Your task: Below are entries; output exactly the lines from the one with "if g == generation then (g, put_connection" to the one with "acknowledge generation c", both included, and nothing else.

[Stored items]
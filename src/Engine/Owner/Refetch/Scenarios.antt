-- ===== src/Engine/Owner/Refetch/Scenarios.antt =====
-- Three fetches after a restart, two of them of one address.
use nzbd.Prelude.{◌≡◌, refl, List, [], ◌∷◌, All, In, bytes_eq}
use nzbd.Types.Torrent.{Text}
use nzbd.Types.Job.{JobId}
use nzbd.Engine.Owner.Refetch.{
  plan_from, plan_url_refetches, Planned, OncePerUrl, no_fetch_forgotten,
}

abbrev fetching : List (JobId × Text)
fetching = (1, 97 ∷ []) ∷ (2, 97 ∷ []) ∷ (3, 98 ∷ []) ∷ []

no_fetch_forgotten_example :
    All (Planned (plan_url_refetches fetching)) fetching
    × OncePerUrl (plan_url_refetches fetching).0
    × ((e : JobId × Text) → In e (plan_url_refetches fetching).0 → In e fetching)
no_fetch_forgotten_example = no_fetch_forgotten fetching

fetch_plan : plan_url_refetches fetching ≡ ((1, 97 ∷ []) ∷ (3, 98 ∷ []) ∷ [], (2, 1) ∷ [])
unfolding plan_from bytes_eq
fetch_plan = refl
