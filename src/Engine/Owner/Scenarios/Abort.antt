-- ===== src/Engine/Owner/Scenarios/Abort.antt =====
-- crates/nzbd-engine/src/owner.rs: a lease of a segment that the same request has given up.
use nzbd.Prelude.{◌≡◌, refl, [], ◌∷◌, none, some, length}
use nzbd.Prelude.Int.{pos, ◌-ℤ◌, ◌+ℤ◌}
use nzbd.Types.Job.{Job, JobStatus, queued, Segment, pending, leased, force_priority}
use nzbd.Engine.Queue.{
  clamp_active_downloads, job_schedulable, has_backend_work, stalled_retry, ranks_before,
  is_eligible, active_jobs,
}
use nzbd.Engine.Queue.Scan.{
  SegRef, try_segment, scan_segments, scan_files, scan_jobs, scan_order, served_jobs, may_serve,
  next_for_server,
}
use nzbd.Engine.Queue.Totals.{no_totals}
use nzbd.Engine.Queue.Lookup.{job, segment}
use nzbd.Engine.Owner.Leases.{selection, hand_out, grant_one, grant_rounds, grant_work}
use nzbd.Engine.Owner.Scenarios.{calm, part, entry, a_job, holding, owner_of, runs}

-- A payload file older than the server's retention, and a small one that is not.
abbrev stale : Job
stale =
    a_job
      (entry 10 (some (pos 0)) (part 1 1000 pending ∷ [])
        ∷ entry 11 none (part 1 10 pending ∷ [])
        ∷ [])
      (record no_totals { size = 1010; total_articles = 2 }) queued

abbrev second_file : SegRef
second_file = record { job = 1; file = 11; seg_number = 1 }

grants : Unit {0}
unfolding runs grant_work grant_rounds grant_one selection hand_out next_for_server scan_order
    served_jobs may_serve scan_jobs scan_files scan_segments try_segment active_jobs
    clamp_active_downloads is_eligible job_schedulable has_backend_work ranks_before stalled_retry
    force_priority ◌-ℤ◌ ◌+ℤ◌
grants = tt

-- A single request for work: the scan gives up the old file's segment and finds the other file's, the
-- health abort that follows fails that one too and ends the job, and then it is leased all the same.
leased_after_the_end :
    let r = grant_work calm 1 1 (owner_of (holding stale)) in
    (length r.1 ≡ 1)
    × ((j : Job) × (job r.0.state 1 ≡ some j)
        × (j.status ≡ JobStatus.failed)
        × (j.totals.failed_articles ≡ 2))
    × ((s : Segment) × (segment r.0.state second_file ≡ some s) × (s.state ≡ leased 1))
unfolding grants
leased_after_the_end = (refl, (_, refl, refl, refl), (_, refl, refl))
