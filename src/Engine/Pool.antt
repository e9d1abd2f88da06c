-- ===== src/Engine/Pool.antt =====
-- crates/nzbd-engine/src/pool.rs: the adaptive pipeline depth of a connection, and the tracker of
-- which connections have taken up a budget. `ok_run` is a `usize` that no run of articles fills.
pub mod Depth
pub mod Budget
mod Scenarios
use nzbd.Prelude.{
  ℕ, zero, suc, ◌+◌, ◌*◌, ◌/◌, max, Bool, true, false, not, ◌&&◌, ◌||◌, List, [], ◌∷◌,
  if◌then◌else◌, ltb, leb, ◌==◌, any, select, length,
}
use nzbd.Types.Job.{ServerId}

pub record AdaptiveDepth : Type 0 where
  pub cur : ℕ
  pub top : ℕ
  pub ok_run : ℕ

unfoldable pub new_depth : ℕ → AdaptiveDepth
new_depth n = let top = max n 1 in record { cur = (top + 1) / 2; top = top; ok_run = 0 }

abbrev pub get : AdaptiveDepth → ℕ
get d = d.cur

unfoldable pub on_success : ℕ → AdaptiveDepth → AdaptiveDepth
on_success n d =
    let run = d.ok_run + n in
    if ltb d.cur d.top && leb (d.cur * 4) run
    then record d { cur = d.cur + 1; ok_run = 0 }
    else record d { ok_run = run }

unfoldable pub on_error : AdaptiveDepth → AdaptiveDepth
on_error d = record d { cur = max (d.cur / 2) 1; ok_run = 0 }

-- What a connection tells its controller: articles that completed, or a failure of the connection.
pub data DepthEvent : Type 0 where
  completed : ℕ → DepthEvent
  broke : DepthEvent

unfoldable pub on_event : DepthEvent → AdaptiveDepth → AdaptiveDepth
unfolding on_success on_error
on_event (completed n) d = on_success n d
on_event broke d = on_error d

unfoldable pub on_events : List DepthEvent → AdaptiveDepth → AdaptiveDepth
unfolding on_event
on_events [] d = d
on_events (e ∷ es) d = on_events es (on_event e d)

-- A connection of a server's pool: its server and its index.
abbrev pub Connection : Type 0
Connection = ServerId × ℕ

abbrev pub same_connection : Connection → Connection → Bool
same_connection a b = a.0 == b.0 && a.1 == b.1

abbrev pub Seen : Type 0
Seen = List (ℕ × List Connection)

pub record BudgetTracker : Type 0 where
  pub expected : ℕ
  pub seen : Seen

abbrev pub new_tracker : ℕ → BudgetTracker
new_tracker expected = record { expected = expected; seen = [] }

-- `HashSet::insert`.
unfoldable pub put_connection : Connection → List Connection → List Connection
put_connection c l = if any (same_connection c) l then l else c ∷ l

-- `entry(generation).or_default().insert(..)`.
unfoldable pub note : ℕ → Connection → Seen → Seen
unfolding put_connection
note generation c [] = (generation, put_connection c []) ∷ []
note generation c ((g, l) ∷ m) =
    let rest = note generation c m in
    if g == generation then (g, put_connection c l) ∷ m else (g, l) ∷ rest

unfoldable pub acknowledge : ℕ → Connection → BudgetTracker → BudgetTracker
unfolding note
acknowledge generation c t = record t {
  seen = select (λ e. leb generation (e.0 + 2)) (note generation c t.seen);
}

unfoldable pub seen_of : ℕ → Seen → List Connection
seen_of generation [] = []
seen_of generation ((g, l) ∷ m) =
    let rest = seen_of generation m in if g == generation then l else rest

-- The test on which `wait_for` returns. A missing generation counts as an empty set, which is enough
-- for no tracker that expects a connection.
unfoldable pub is_ready : ℕ → BudgetTracker → Bool
unfolding seen_of
is_ready generation t = t.expected == 0 || leb t.expected (length (seen_of generation t.seen))
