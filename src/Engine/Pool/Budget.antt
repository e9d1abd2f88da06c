-- ===== src/Engine/Pool/Budget.antt =====
-- crates/nzbd-engine/src/pool.rs: a budget is taken up by as many connections as are expected.
use nzbd.Prelude.{
  ℕ, ◌≤◌, ◌≡◌, inl, inr, refl, sym, subst, ◌∙◌, Bool, true, List, [], ◌∷◌, arith, In, In-any, All,
  All-from_In, Bool-cases, any, select, length, ◌==◌,
}
use nzbd.Prelude.Maps.{Distinct}
use nzbd.Engine.Pool.{
  Connection, same_connection, Seen, BudgetTracker, new_tracker, put_connection, note, acknowledge,
  seen_of, is_ready,
}

-- What the connections acknowledged, the newest last: a generation and a connection each.
unfoldable pub acknowledge_all : List (ℕ × Connection) → BudgetTracker → BudgetTracker
acknowledge_all [] t = t
acknowledge_all (a ∷ more) t = acknowledge_all more (acknowledge a.0 a.1 t)

-- Of distinct connections, each of which acknowledged the generation.
abbrev Sound : List (ℕ × Connection) → ℕ × List Connection → Type 0
Sound acks e = Distinct e.1 × All (λ c. In (e.0, c) acks) e.1

same_connection_refl : (c : Connection) → same_connection c c ≡ true
same_connection_refl c = ground arith

module _ (acks : List (ℕ × Connection)) where
  put_connection-Sound :
      (g : ℕ) (c : Connection) (l : List Connection)
      → In (g, c) acks
      → Sound acks (g, l)
      → Sound acks (g, put_connection c l)
  unfolding put_connection
  put_connection-Sound g c l m s = elim (Bool-cases (any (same_connection c) l)) [
    | inl t ↦ rw t s
    | inr f ↦ rw f (
      (λ n. absurd (cc (sym f ∙ In-any (same_connection c) l c n (same_connection_refl c))), s.0),
      (m, s.1),
    )
  ]

  note-Sound :
      (g : ℕ) (c : Connection) (m : Seen)
      → In (g, c) acks
      → All (Sound acks) m
      → All (Sound acks) (note g c m)
  unfolding note
  note-Sound g c [] i s = (put_connection-Sound g c [] i (tt, tt), tt)
  note-Sound g c ((k, l) ∷ m) i s =
      let r = note-Sound g c m i s.1 in
      elim (Bool-cases (k == g)) [
        | inl t ↦
            let e : g ≡ k = ground arith in
            rw t (put_connection-Sound k c l (subst (λ x. In (x, c) acks) e i) s.0, s.1)
        | inr f ↦ rw f (s.0, r)
      ]

  select-Sound :
      (p : ℕ × List Connection → Bool) (m : Seen)
      → All (Sound acks) m
      → All (Sound acks) (select p m)
  select-Sound p [] s = tt
  select-Sound p (e ∷ m) s =
      let r = select-Sound p m s.1 in
      elim (Bool-cases (p e)) [ inl t ↦ rw t (s.0, r) | inr f ↦ rw f r ]

  acknowledge_all-Sound :
      (more : List (ℕ × Connection)) (t : BudgetTracker)
      → All (λ a. In a acks) more
      → All (Sound acks) t.seen
      → All (Sound acks) (acknowledge_all more t).seen
        × ((acknowledge_all more t).expected ≡ t.expected)
  unfolding acknowledge_all acknowledge
  acknowledge_all-Sound [] t h s = (s, refl)
  acknowledge_all-Sound (a ∷ more) t h s =
      acknowledge_all-Sound more (acknowledge a.0 a.1 t) h.1
        (select-Sound _ _ (note-Sound a.0 a.1 t.seen h.0 s))

  seen_of-Sound : (g : ℕ) (m : Seen) → All (Sound acks) m → Sound acks (g, seen_of g m)
  unfolding seen_of
  seen_of-Sound g [] s = (tt, tt)
  seen_of-Sound g ((k, l) ∷ m) s =
      let r = seen_of-Sound g m s.1 in
      elim (Bool-cases (k == g)) [
        | inl t ↦ let e : k ≡ g = ground arith in rw t (subst (λ x. Sound acks (x, l)) e s.0)
        | inr f ↦ rw f r
      ]

-- A generation counts as taken up only when as many distinct connections as are expected acknowledged
-- it: none counts twice, and none counts for another generation.
pub ready_when_taken_up :
    (expected generation : ℕ) (acks : List (ℕ × Connection))
    → is_ready generation (acknowledge_all acks (new_tracker expected)) ≡ true
    → (l : List Connection) × Distinct l
      × All (λ c. In (generation, c) acks) l
      × (expected ≤ length l)
unfolding is_ready
ready_when_taken_up expected generation acks h =
    let t = acknowledge_all acks (new_tracker expected) in
    let r =
      acknowledge_all-Sound acks acks (new_tracker expected) (All-from_In _ acks (λ a m. m)) tt in
    let s = seen_of-Sound acks generation t.seen r.0 in
    let e = r.1 in (seen_of generation t.seen, s.0, s.1, ground (arith, e, h))
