-- ===== src/Engine/Pool/Depth.antt =====
-- crates/nzbd-engine/src/pool.rs: the depth stays in its bounds, and regains its ceiling.
use nzbd.Prelude.{
  ℕ, zero, suc, ◌+◌, ◌-◌, ◌*◌, ◌≤◌, ◌<◌, ◌≡◌, ◌⊎◌, inl, inr, refl, max, ◌∙◌, Bool-cases, leb, ltb,
  true, List, [], ◌∷◌, arith,
}
use native.Mathlib.Nat.{mul-le-mul_left}
use nzbd.Engine.Pool.{
  AdaptiveDepth, new_depth, get, on_success, on_error, DepthEvent, completed, broke, on_event,
  on_events,
}

-- Between 1 and the ceiling; and below it, short of the run of articles that would deepen it.
pub record InBounds (d : AdaptiveDepth) : Type 0 where
  pub floor : 1 ≤ d.cur
  pub ceiling : d.cur ≤ d.top
  pub short : (d.cur ≡ d.top) ⊎ (d.ok_run < d.cur * 4)

new_depth-InBounds : (n : ℕ) → InBounds (new_depth n)
unfolding new_depth
new_depth-InBounds n = record {
  floor = omega arith;
  ceiling = omega arith;
  short = inr (omega arith);
}

-- One batch may carry more articles than the run needs; then the rest of them is dropped with the run.
on_event-InBounds : (e : DepthEvent) (d : AdaptiveDepth) → InBounds d → InBounds (on_event e d)
unfolding on_event on_success on_error
on_event-InBounds (completed n) d h = ground (arith, h.floor, h.ceiling, h.short)
on_event-InBounds broke d h = record {
  floor = let a = h.floor in omega arith;
  ceiling = let a = h.floor in let b = h.ceiling in omega arith;
  short = inr (omega arith);
}

on_event-top : (e : DepthEvent) (d : AdaptiveDepth) → (on_event e d).top ≡ d.top
unfolding on_event on_success on_error
on_event-top (completed n) d = ground arith
on_event-top broke d = refl

on_events-InBounds :
    (es : List DepthEvent) (d : AdaptiveDepth)
    → InBounds d
    → InBounds (on_events es d) × ((on_events es d).top ≡ d.top)
unfolding on_events
on_events-InBounds [] d h = (h, refl)
on_events-InBounds (e ∷ es) d h =
    let r = on_events-InBounds es (on_event e d) (on_event-InBounds e d h) in
    let t = on_event-top e d in (r.0, omega (arith, r.1))

new_depth-top : (n : ℕ) → (new_depth n).top ≡ max n 1
unfolding new_depth
new_depth-top n = refl

-- Whatever completes or breaks, in whatever order, the depth of a new controller stays between 1 and
-- the configured depth, or 1 if that is 0.
depth_in_bounds :
    (n : ℕ) (es : List DepthEvent)
    → (1 ≤ get (on_events es (new_depth n))) × (get (on_events es (new_depth n)) ≤ max n 1)
depth_in_bounds n es =
    let r = on_events-InBounds es (new_depth n) (new_depth-InBounds n) in
    let a = r.0.floor in let b = r.0.ceiling in let c = new_depth-top n in omega (arith, r.1)

-- Articles that complete one by one.
pub articles : ℕ → List DepthEvent
articles zero = []
articles (suc m) = completed 1 ∷ articles m

-- The articles that it takes to climb `k` levels from depth `c`: four times the depth at each.
need : ℕ → ℕ → ℕ
need zero c = 0
need (suc k) c = 4 * c + need k (c + 1)

need-le : (k c t : ℕ) → c + k ≤ t → need k c ≤ 4 * t * k
unfolding need
need-le zero c t h = omega arith
need-le (suc k) c t h =
    let r = need-le k (c + 1) t (omega arith) in
    let e : 4 * t * suc k ≡ 4 * t * k + 4 * t = grind arith in omega (arith, r, e)

deepens :
    (d : AdaptiveDepth)
    → d.cur < d.top
    → leb (d.cur * 4) (d.ok_run + 1) ≡ true
    → on_event (completed 1) d ≡ record d { cur = d.cur + 1; ok_run = 0 }
unfolding on_event on_success
deepens d h t = let l : ltb d.cur d.top ≡ true = ground arith in rw l (rw t refl)

-- One article is one article less to go.
one_article :
    (k m : ℕ) (d : AdaptiveDepth)
    → InBounds d
    → d.cur + k ≡ d.top
    → need k d.cur ≤ d.ok_run + suc m
    → let d' = on_event (completed 1) d in
      (k' : ℕ) × (d'.cur + k' ≡ d'.top) × (need k' d'.cur ≤ d'.ok_run + m)
unfolding need on_event on_success
one_article zero m d b e h = (0, ground arith, ground arith)
one_article (suc k) m d b e h = elim (Bool-cases (leb (d.cur * 4) (d.ok_run + 1))) [
  | inl t ↦ (k, ground (arith, t), rw (deepens d (omega arith) t) (ground (arith, t, b.short)))
  | inr f ↦ (suc k, ground (arith, f), ground (arith, f))
]

climbs :
    (m k : ℕ) (d : AdaptiveDepth)
    → InBounds d
    → d.cur + k ≡ d.top
    → need k d.cur ≤ d.ok_run + m
    → get (on_events (articles m) d) ≡ d.top
unfolding need articles on_events
climbs zero zero d b e h = omega arith
climbs zero (suc k) d b e h = absurd (ground (arith, b.short))
climbs (suc m) k d b e h =
    let d' = on_event (completed 1) d in
    let q = one_article k m d b e h in
    climbs m q.0 d' (on_event-InBounds (completed 1) d b) q.1 q.2 ∙ on_event-top (completed 1) d

-- A connection that stops breaking regains its full depth: whatever happened to a new controller, after
-- that many further articles, one by one, as four times the square of the ceiling, it is at the
-- ceiling.
pub regains_ceiling :
    (n : ℕ) (es : List DepthEvent)
    → get (on_events (articles (4 * max n 1 * max n 1)) (on_events es (new_depth n))) ≡ max n 1
regains_ceiling n es =
    let d = on_events es (new_depth n) in
    let r = on_events-InBounds es (new_depth n) (new_depth-InBounds n) in
    let a = r.0.floor in
    let b = r.0.ceiling in
    let t : d.top ≡ max n 1 = r.1 ∙ new_depth-top n in
    let k = max n 1 - d.cur in
    let q = need-le k d.cur (max n 1) (omega arith) in
    let w : 4 * max n 1 * k ≤ 4 * max n 1 * max n 1 = mul-le-mul_left (4 * max n 1) (omega arith) in
    climbs _ k d r.0 (omega arith) (omega arith) ∙ t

Task response:
    if g == generation then (g, put_connection c l) ∷ m else (g, l) ∷ rest

unfoldable pub acknowledge : ℕ → Connection → BudgetTracker → BudgetTracker
unfolding note
acknowledge generation c t = record t {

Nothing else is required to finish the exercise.